Davon jedoch wollen die UNO- Repräsentanten in Bosnien nichts wissen. Die Offiziere der britischen UNPROFOR-Truppen auf dem Flugplatz von Tuzla ließen vor einigen Tagen keinen Zweifel an ihrer strikten Neutralität aufkommen. Die Vorarbeiten für eine Evakuierungsaktion durch Hubschrauber seien zwar abgeschlossen, hieß es. Jederzeit könnten auch andere Flugzeuge, bis hin zum Jumbojet, auf dem Flughafen landen. Doch müsse beachtet werden, daß dieser traditionell vom Militär genutzte Flughafen im Bereich der weitreichenden serbischen Artillerie liegt, die erst am letzten Mittwoch bewies, daß sie in der Lage ist, den Flughafen und die Stadt Tuzla selbst zu beschießen. „Die Zustimmung der serbischen Seite für eine solche Aktion ist unerläßlich.“ Jedes Risiko für die Blauhelme sei zu vermeiden. Nach Hinweisen aus Quellen der internationalen Hilfsorganisationen, die über die Demarkationslinien pendeln, ist es selbst bei einer Zustimmung von Karadzič keineswegs sicher, daß sich die serbischen Truppen vor Ort auch an diese Absprachen halten. Die Schwerverletzten aus Srebrenica zu retten, sei keinesfalls ohne Risiken durchzuführen.
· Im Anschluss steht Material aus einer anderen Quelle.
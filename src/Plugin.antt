-- ===== src/Plugin.antt =====
-- src/common/plugin.h and src/common/plugin.c: plugins as child processes behind pipes. The dynamic
-- loader, pipe(2), fork(2), read(2), close(2) and waitpid(2) are the environment.
pub mod Laws
pub mod Shown
use nemo_core.Prelude.{
  ℕ, zero, suc, Bool, true, false, not, Option, none, some, List, [], ◌∷◌, map, ◌==◌, ◌⊎◌, inl, inr,
  if◌then◌else◌,
}
use nemo_core.Parse.{Text}
use nemo_core.Payload.{Payload, payload_size}

abbrev pub plug_max : ℕ
plug_max = 32

-- `unset` is the state of an entry that `load_plugins` has not filled in.
pub data State : Type 0 where
  unset prepared running paused stopped : State

-- `none` is a process ID of -1.
pub record Plugin : Type 0 where
  pub pi_hndl : ℕ
  pub pi_pid : Option ℕ
  pub pi_pipe0 : ℕ
  pub pi_pipe1 : ℕ
  pub pi_state : State

-- The loop over at most `left` paths, up to the first NULL.
unfoldable pub count_from : ℕ → List (Option Text) → ℕ
count_from zero so = 0
count_from (suc left) [] = 0
count_from (suc left) (none ∷ so) = 0
count_from (suc left) (some path ∷ so) = suc (count_from left so)

unfoldable pub count_plugins : List (Option Text) → ℕ
unfolding count_from
count_plugins so = count_from plug_max so

pub data Symbol : Type 0 where
  nemo_name nemo_init nemo_evnt nemo_free : Symbol

-- What dlopen(3) returns for a path, and whether dlsym(3) finds a symbol behind a handle.
pub record Loader : Type 0 where
  pub dlopen : Text → Option ℕ
  pub dlsym : ℕ → Symbol → Bool

module _ (l : Loader) where
  -- One round of the loop in `load_plugins`.
  unfoldable pub load_plugin : Plugin → Text → Option Plugin
  load_plugin pi path = elim (l.dlopen path) [
    | none ↦ none
    | some h ↦
        if l.dlsym h nemo_name
        then if l.dlsym h nemo_init
          then if l.dlsym h nemo_evnt
            then if l.dlsym h nemo_free
              then some (record pi { pi_hndl = h; pi_state = prepared })
              else none
            else none
          else none
        else none
  ]

  -- The rounds for the first `left` paths. The array before the call gives the other fields.
  unfoldable pub load_from : ℕ → List Plugin → List (Option Text) → Option (List Plugin)
  load_from zero pis so = some []
  load_from (suc left) (pi ∷ pis) (some path ∷ so) = elim (load_plugin pi path) [
    | none ↦ none
    | some pi' ↦ elim (load_from left pis so) [ none ↦ none | some rest ↦ some (pi' ∷ rest) ]
  ]
  load_from (suc left) _ _ = none

  unfoldable pub load_plugins : List Plugin → List (Option Text) → Option (List Plugin)
  unfolding load_from count_plugins
  load_plugins pis so = load_from (count_plugins so) pis so

-- What pipe(2) gives, and whether the two calls of fcntl(2) succeed.
pub record PipeAnswers : Type 0 where
  pub pipe : Option (ℕ × ℕ)
  pub getfl : Bool
  pub setfl : Bool

unfoldable pub create_pipe : PipeAnswers → Plugin → Plugin × Bool
create_pipe a pi = elim a.pipe [
  | none ↦ (pi, false)
  | some (r, w) ↦
      let piped = record pi { pi_pipe0 = r; pi_pipe1 = w } in
      if a.getfl then if a.setfl then (piped, false) else (piped, false) else (piped, false)
]

abbrev pub is_child : Option ℕ → Bool
is_child none = false
is_child (some p) = p == 0

-- The descriptor that `close_pipe_end` closes: the writing end in the child, else the reading end.
unfoldable pub close_pipe_end : Plugin → ℕ
close_pipe_end pi = if is_child pi.pi_pid then pi.pi_pipe1 else pi.pi_pipe0

-- One read(2) of a plugin process: the number of bytes (`none` is -1) and the payload.
pub record Read : Type 0 where
  pub retss : Option ℕ
  pub pl : Payload

abbrev pub is_full : Option ℕ → Bool
is_full none = false
is_full (some n) = n == payload_size

-- The arguments of each call of the plugin's event procedure, until a read is not a full payload.
unfoldable pub read_loop : List Read → List (ℕ × ℕ × ℕ × ℕ)
read_loop [] = []
read_loop (r ∷ rs) =
    let rest = read_loop rs in
    if is_full r.retss then (r.pl.pl_key, r.pl.pl_key, r.pl.pl_key, r.pl.pl_key) ∷ rest else []

-- The environment of one round of `start_plugins`.
pub record StartAnswers : Type 0 where
  pub pipe : PipeAnswers
  pub fork : Option ℕ
  pub close : Bool
  pub init : Bool
  pub reads : List Read

-- How the process leaves `start_plugins`: it returns false, it is a child that has run its loop
-- and exits, or it is the responder with its plugins.
pub data Started : Type 0 where
  failed exited : Started
  started : List Plugin → Started

abbrev pub cons_started : Plugin → Started → Started
cons_started pi failed = failed
cons_started pi exited = exited
cons_started pi (started pis) = started (pi ∷ pis)

-- One round: what it leads to, or the running plugin with which the loop goes on.
unfoldable pub start_plugin : StartAnswers → Plugin → Started ⊎ Plugin
unfolding create_pipe
start_plugin a pi =
    let (piped, ok) = create_pipe a.pipe pi in
    let forked = record piped { pi_pid = a.fork } in
    if not ok then inl failed else elim a.fork [
      | none ↦ inl failed
      | some pid ↦
          if not a.close
          then inl failed
          else if pid == 0
          then if a.init then inl exited else inl failed
          else inr (record forked { pi_state = running })
    ]

unfoldable pub start_plugins : List StartAnswers → List Plugin → Started
unfolding start_plugin
start_plugins answers [] = started []
start_plugins [] (pi ∷ pis) = failed
start_plugins (a ∷ answers) (pi ∷ pis) = elim (start_plugin a pi) [
  | inl r ↦ r
  | inr pi' ↦ cons_started pi' (start_plugins answers pis)
]

abbrev pub is_running : State → Bool
is_running running = true
is_running _ = false

-- A write(2) of a payload; its result only decides log messages.
pub record Write : Type 0 where
  pub fd : ℕ
  pub pl : Payload

unfoldable pub notify_plugins : List Plugin → Payload → List Write
notify_plugins [] pl = []
notify_plugins (pi ∷ pis) pl =
    let rest = notify_plugins pis pl in
    if is_running pi.pi_state then record { fd = pi.pi_pipe0; pl = pl } ∷ rest else rest

-- What waitpid(2) with WNOHANG and WCONTINUED tells of a plugin process.
pub data Status : Type 0 where
  wait_error unchanged exited_status signaled stopped_status continued : Status

-- The loop, which returns at the first plugin that has exited or was killed.
unfoldable pub wait_plugins : (Plugin → Status) → List Plugin → List Plugin
wait_plugins waitpid [] = []
wait_plugins waitpid (pi ∷ pis) =
    let rest = wait_plugins waitpid pis in
    elim (waitpid pi) [
      | wait_error ↦ pi ∷ rest
      | unchanged ↦ pi ∷ rest
      | exited_status ↦ record pi { pi_state = stopped } ∷ pis
      | signaled ↦ record pi { pi_state = stopped } ∷ pis
      | stopped_status ↦ record pi { pi_state = paused } ∷ rest
      | continued ↦ record pi { pi_state = running } ∷ rest
    ]

-- The descriptors that are closed, and the plugins after the wait.
unfoldable pub terminate_plugins :
    (Plugin → Status) → List Plugin → record { closed : List ℕ; plugins : List Plugin }
unfolding wait_plugins
terminate_plugins waitpid pis = record {
  closed = map (λ pi. pi.pi_pipe1) pis;
  plugins = wait_plugins waitpid pis;
}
So bleibt die Frage, was passieren würde, wenn einer der UNO- Hubschrauber, die nach Srebenica fliegen sollen, abgeschossen würde. Die Schüsse auf das deutsche Transportflugzeug Anfang Februar in Karlovač hatte nicht einmal lahme Proteste zur Folge. „Um diese Frage zu beantworten, müßten Sie schon in New York anfragen“, erklärte ein Offizier der UNPROFOR in Tuzla. Nur in New York könnte über entsprechende Gegenmaßnahmen entschieden werden. Wenn heute der Sicherheitsrat der UNO über Bosnien diskutiert, wird diese Frage im Vordergrund stehen. Nach dem Stand der Vorbereitungen jedoch scheinen die Weichen für eine Evakuierungsaktion nun ernsthaft gestellt.